§ **Assigned task**:
Return exactly the lines below, starting with the one that has "if ltb length" and going on through the one that has "let mapped = map_active".

[Records for this task — start]

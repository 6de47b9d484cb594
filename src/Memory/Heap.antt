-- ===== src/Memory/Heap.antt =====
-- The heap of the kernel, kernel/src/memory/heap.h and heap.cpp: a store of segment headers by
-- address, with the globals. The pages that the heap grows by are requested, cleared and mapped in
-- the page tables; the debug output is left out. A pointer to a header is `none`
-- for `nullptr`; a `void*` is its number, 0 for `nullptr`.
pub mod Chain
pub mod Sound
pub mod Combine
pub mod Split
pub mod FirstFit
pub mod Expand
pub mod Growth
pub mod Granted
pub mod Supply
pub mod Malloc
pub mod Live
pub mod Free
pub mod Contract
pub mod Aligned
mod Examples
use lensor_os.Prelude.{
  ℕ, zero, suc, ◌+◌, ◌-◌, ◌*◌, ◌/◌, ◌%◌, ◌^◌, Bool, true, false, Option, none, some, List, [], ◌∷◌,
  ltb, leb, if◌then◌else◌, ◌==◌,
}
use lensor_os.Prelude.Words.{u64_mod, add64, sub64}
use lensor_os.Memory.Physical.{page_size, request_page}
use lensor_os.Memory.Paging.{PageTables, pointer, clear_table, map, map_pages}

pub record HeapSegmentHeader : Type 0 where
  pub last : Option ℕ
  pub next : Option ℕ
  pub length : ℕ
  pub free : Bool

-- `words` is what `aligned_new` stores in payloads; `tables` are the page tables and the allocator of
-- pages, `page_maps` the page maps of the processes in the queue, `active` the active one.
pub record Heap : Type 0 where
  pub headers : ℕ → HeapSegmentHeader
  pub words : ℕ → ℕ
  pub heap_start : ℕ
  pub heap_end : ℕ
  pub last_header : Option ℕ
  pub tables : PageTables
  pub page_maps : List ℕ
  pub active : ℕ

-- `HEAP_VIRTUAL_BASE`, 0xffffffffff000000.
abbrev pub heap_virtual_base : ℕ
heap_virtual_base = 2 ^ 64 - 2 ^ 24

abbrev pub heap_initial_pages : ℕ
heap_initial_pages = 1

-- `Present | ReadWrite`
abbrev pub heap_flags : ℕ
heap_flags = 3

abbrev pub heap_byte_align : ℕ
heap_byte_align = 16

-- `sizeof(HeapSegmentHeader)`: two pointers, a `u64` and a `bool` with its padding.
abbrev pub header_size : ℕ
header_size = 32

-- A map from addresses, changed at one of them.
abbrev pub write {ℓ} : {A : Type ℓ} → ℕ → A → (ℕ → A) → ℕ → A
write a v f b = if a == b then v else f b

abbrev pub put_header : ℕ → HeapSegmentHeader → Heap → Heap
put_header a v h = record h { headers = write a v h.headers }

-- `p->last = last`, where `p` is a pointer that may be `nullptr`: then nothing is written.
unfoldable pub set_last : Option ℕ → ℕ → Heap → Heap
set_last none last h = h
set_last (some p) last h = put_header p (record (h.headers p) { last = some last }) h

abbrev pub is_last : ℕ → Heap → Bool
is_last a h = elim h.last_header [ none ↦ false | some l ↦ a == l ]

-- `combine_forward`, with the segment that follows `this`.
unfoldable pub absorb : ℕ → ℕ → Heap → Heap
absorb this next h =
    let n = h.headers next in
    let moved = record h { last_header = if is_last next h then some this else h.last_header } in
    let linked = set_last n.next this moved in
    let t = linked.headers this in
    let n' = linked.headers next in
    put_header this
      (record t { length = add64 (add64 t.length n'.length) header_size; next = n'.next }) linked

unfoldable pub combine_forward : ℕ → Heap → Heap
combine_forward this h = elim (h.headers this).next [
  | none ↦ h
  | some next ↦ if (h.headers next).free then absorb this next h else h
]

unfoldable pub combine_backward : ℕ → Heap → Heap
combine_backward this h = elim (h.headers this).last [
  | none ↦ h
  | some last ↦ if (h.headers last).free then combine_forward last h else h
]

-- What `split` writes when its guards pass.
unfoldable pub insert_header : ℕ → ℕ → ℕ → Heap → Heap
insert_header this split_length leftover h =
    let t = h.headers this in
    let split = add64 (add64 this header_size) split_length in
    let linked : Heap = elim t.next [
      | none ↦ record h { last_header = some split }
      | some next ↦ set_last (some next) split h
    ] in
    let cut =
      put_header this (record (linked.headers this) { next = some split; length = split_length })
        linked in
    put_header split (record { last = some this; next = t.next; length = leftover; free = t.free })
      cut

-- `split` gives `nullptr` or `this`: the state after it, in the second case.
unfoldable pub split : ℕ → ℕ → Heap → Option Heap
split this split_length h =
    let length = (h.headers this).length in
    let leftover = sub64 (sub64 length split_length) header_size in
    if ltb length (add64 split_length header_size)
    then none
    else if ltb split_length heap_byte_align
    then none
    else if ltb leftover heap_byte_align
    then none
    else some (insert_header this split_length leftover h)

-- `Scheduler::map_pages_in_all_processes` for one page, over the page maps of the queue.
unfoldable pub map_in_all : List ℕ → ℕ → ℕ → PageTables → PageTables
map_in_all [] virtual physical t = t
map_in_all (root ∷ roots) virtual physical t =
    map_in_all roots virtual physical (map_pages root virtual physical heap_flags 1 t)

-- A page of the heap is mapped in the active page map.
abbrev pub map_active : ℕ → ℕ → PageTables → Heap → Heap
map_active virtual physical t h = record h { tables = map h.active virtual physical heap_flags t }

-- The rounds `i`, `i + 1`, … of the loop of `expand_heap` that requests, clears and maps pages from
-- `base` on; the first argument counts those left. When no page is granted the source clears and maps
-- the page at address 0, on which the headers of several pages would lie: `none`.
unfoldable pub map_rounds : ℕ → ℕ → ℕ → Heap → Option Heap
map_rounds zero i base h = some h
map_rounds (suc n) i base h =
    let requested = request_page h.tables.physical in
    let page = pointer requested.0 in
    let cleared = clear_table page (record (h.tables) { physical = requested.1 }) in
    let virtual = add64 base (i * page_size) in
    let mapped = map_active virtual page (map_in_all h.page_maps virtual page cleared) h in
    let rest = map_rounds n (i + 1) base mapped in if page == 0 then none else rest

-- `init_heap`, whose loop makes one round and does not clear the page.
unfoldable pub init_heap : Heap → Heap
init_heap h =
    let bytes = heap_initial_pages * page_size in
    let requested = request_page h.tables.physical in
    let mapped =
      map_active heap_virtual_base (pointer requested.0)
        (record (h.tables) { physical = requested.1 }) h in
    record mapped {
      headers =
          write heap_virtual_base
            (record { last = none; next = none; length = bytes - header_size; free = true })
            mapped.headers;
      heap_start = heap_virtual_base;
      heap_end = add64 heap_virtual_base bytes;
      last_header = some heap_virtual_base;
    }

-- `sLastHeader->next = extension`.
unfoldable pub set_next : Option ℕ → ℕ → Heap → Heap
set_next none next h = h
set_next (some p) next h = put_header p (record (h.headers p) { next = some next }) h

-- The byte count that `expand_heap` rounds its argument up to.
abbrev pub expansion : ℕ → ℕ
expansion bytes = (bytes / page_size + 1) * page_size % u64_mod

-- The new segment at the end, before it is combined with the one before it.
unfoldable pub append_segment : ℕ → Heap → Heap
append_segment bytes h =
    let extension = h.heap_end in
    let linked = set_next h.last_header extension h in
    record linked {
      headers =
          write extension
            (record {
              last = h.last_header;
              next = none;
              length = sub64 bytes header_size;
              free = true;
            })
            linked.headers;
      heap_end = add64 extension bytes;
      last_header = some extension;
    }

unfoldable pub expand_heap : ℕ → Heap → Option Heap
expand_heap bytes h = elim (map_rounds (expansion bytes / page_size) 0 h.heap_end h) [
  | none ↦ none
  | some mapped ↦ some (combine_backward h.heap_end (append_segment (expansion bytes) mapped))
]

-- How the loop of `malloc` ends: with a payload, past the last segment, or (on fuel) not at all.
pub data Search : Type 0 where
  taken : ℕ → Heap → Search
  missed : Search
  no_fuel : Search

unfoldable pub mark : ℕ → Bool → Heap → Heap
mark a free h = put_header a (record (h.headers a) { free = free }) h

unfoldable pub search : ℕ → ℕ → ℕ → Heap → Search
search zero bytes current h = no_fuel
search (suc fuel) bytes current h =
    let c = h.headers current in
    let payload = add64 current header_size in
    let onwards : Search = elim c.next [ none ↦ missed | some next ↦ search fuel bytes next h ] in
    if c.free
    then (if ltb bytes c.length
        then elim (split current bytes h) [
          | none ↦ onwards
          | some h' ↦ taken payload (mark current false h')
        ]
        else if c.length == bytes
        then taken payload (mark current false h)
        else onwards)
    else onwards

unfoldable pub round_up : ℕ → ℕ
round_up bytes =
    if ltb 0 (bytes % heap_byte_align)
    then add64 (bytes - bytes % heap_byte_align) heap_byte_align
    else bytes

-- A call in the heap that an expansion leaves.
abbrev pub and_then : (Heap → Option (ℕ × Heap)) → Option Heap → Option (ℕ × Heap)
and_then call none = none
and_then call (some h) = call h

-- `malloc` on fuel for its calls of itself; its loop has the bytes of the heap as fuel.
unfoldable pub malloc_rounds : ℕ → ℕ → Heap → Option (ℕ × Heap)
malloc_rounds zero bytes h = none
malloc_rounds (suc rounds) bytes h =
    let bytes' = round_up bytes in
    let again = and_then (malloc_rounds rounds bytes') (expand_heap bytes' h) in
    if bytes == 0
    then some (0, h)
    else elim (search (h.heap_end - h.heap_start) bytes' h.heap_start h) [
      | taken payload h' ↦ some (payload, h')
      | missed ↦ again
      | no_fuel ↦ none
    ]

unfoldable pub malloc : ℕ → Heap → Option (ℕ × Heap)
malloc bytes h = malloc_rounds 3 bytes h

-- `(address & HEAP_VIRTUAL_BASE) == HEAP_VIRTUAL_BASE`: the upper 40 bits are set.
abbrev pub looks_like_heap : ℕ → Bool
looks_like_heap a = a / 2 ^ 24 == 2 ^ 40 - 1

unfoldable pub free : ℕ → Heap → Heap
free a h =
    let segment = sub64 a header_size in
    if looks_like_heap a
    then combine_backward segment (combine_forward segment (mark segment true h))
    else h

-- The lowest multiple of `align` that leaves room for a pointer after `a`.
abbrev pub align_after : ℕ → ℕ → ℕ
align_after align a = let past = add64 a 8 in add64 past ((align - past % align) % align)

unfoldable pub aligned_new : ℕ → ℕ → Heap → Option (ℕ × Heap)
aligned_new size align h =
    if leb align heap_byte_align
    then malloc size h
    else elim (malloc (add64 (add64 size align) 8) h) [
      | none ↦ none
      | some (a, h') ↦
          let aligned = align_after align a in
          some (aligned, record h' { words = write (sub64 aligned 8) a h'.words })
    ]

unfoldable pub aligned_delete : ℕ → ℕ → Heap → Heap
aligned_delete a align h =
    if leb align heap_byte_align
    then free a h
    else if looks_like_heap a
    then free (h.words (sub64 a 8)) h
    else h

[Records for this task — finish]

§ **Task solution**:
    if ltb length (add64 split_length header_size)
    then none
    else if ltb split_length heap_byte_align
    then none
    else if ltb leftover heap_byte_align
    then none
    else some (insert_header this split_length leftover h)

-- `Scheduler::map_pages_in_all_processes` for one page, over the page maps of the queue.
unfoldable pub map_in_all : List ℕ → ℕ → ℕ → PageTables → PageTables
map_in_all [] virtual physical t = t
map_in_all (root ∷ roots) virtual physical t =
    map_in_all roots virtual physical (map_pages root virtual physical heap_flags 1 t)

-- A page of the heap is mapped in the active page map.
abbrev pub map_active : ℕ → ℕ → PageTables → Heap → Heap
map_active virtual physical t h = record h { tables = map h.active virtual physical heap_flags t }

-- The rounds `i`, `i + 1`, … of the loop of `expand_heap` that requests, clears and maps pages from
-- `base` on; the first argument counts those left. When no page is granted the source clears and maps
-- the page at address 0, on which the headers of several pages would lie: `none`.
unfoldable pub map_rounds : ℕ → ℕ → ℕ → Heap → Option Heap
map_rounds zero i base h = some h
map_rounds (suc n) i base h =
    let requested = request_page h.tables.physical in
    let page = pointer requested.0 in
    let cleared = clear_table page (record (h.tables) { physical = requested.1 }) in
    let virtual = add64 base (i * page_size) in
    let mapped = map_active virtual page (map_in_all h.page_maps virtual page cleared) h in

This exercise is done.